• Work to be completed
Every line containing the string "zero" should be returned from the records.

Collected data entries
>>

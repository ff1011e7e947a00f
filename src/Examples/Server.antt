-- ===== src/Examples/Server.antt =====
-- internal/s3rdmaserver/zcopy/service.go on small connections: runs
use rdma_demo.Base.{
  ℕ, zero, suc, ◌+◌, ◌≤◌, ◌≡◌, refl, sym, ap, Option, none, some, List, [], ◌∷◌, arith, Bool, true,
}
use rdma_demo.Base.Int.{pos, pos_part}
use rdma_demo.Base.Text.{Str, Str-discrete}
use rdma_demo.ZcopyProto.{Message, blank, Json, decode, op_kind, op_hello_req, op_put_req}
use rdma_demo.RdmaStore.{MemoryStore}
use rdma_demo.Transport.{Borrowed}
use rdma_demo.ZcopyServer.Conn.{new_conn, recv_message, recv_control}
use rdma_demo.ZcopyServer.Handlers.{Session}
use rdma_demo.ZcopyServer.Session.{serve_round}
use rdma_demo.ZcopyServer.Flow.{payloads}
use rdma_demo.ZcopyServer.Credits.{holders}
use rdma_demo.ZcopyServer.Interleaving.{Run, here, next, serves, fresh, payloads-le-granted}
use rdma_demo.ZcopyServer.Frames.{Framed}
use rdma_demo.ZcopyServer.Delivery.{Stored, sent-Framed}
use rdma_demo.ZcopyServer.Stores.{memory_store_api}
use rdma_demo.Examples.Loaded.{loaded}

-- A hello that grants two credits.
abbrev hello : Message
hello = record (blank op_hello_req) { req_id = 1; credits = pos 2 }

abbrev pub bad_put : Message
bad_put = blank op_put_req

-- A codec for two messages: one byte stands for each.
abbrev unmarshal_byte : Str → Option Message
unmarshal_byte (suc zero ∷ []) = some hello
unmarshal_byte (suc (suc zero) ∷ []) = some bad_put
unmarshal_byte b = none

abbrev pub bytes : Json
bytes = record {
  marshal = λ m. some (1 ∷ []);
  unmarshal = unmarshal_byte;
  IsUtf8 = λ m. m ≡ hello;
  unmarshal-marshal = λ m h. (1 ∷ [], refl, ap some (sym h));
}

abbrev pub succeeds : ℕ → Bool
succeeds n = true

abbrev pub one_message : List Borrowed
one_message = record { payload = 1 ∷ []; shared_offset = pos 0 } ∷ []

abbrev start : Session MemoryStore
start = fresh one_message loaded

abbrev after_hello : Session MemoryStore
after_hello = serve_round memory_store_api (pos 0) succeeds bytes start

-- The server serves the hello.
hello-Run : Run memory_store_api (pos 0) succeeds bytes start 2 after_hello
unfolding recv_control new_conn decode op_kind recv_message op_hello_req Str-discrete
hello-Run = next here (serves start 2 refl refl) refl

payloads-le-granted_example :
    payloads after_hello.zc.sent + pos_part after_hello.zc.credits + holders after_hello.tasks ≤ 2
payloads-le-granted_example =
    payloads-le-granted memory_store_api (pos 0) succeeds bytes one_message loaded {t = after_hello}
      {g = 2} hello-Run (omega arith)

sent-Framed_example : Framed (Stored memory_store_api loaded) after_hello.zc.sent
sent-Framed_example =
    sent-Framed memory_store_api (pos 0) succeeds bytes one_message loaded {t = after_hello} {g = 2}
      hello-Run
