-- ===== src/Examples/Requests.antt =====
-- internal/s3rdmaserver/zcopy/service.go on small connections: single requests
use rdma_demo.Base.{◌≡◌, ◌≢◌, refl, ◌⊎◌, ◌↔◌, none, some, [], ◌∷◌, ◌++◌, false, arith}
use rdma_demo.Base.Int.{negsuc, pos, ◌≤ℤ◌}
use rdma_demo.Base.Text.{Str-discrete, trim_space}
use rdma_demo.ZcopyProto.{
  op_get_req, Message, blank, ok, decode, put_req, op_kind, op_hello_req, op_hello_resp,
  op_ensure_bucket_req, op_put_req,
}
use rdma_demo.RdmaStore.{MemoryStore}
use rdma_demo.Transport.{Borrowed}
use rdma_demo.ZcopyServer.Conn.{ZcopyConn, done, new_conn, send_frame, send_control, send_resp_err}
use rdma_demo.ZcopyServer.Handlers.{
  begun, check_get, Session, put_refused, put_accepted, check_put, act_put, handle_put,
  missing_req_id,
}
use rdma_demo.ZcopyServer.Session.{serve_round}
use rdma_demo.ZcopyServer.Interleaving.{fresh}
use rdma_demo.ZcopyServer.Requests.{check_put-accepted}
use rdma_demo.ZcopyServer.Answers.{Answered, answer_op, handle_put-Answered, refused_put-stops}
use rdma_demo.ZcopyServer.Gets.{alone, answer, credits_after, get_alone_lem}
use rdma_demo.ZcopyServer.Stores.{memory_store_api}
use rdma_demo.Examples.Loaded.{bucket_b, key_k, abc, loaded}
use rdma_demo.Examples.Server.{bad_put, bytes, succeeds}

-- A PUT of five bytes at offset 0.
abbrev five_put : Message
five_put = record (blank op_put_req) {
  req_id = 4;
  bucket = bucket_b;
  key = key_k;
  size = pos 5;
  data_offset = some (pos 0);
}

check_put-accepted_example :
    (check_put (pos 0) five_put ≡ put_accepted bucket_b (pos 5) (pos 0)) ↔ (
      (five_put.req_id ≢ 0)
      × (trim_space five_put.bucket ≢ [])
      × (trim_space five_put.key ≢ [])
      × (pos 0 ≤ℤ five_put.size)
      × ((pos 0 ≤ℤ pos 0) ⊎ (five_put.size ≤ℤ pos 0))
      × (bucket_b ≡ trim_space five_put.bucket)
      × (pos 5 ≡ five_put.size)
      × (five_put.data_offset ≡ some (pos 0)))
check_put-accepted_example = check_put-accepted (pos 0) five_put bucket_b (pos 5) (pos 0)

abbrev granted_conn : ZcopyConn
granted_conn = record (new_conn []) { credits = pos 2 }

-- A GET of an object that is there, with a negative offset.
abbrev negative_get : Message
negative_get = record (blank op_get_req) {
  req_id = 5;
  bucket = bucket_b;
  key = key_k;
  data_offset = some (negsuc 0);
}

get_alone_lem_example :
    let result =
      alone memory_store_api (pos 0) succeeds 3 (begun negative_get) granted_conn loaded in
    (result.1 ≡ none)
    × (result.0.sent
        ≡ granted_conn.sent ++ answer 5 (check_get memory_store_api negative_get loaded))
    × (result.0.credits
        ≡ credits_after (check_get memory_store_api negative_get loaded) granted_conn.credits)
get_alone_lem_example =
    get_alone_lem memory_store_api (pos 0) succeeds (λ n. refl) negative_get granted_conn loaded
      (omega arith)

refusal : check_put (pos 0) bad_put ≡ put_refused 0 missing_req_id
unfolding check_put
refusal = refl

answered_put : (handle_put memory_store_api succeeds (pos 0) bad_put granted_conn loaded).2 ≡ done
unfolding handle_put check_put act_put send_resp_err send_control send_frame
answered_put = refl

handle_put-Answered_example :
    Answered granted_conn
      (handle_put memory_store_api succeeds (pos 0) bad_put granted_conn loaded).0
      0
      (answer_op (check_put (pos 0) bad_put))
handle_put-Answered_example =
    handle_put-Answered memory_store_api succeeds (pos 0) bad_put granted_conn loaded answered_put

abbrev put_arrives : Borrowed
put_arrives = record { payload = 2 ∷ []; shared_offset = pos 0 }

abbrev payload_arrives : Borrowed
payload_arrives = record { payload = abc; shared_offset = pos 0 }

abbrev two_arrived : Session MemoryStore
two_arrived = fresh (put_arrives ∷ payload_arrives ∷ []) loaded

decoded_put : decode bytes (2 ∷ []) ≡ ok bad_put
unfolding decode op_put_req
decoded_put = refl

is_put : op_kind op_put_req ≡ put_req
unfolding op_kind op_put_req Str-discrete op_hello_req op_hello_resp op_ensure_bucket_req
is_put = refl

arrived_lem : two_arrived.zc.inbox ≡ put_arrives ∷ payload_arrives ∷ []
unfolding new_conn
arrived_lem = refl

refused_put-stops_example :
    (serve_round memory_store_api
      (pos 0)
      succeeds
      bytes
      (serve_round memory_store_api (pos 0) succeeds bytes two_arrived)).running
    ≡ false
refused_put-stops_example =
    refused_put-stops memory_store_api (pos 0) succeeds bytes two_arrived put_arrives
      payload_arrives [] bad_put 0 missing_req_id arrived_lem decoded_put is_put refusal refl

<<

• Response area
  ℕ, zero, suc, ◌+◌, ◌≤◌, ◌≡◌, refl, sym, ap, Option, none, some, List, [], ◌∷◌, arith, Bool, true,
unmarshal_byte (suc zero ∷ []) = some hello
unmarshal_byte (suc (suc zero) ∷ []) = some bad_put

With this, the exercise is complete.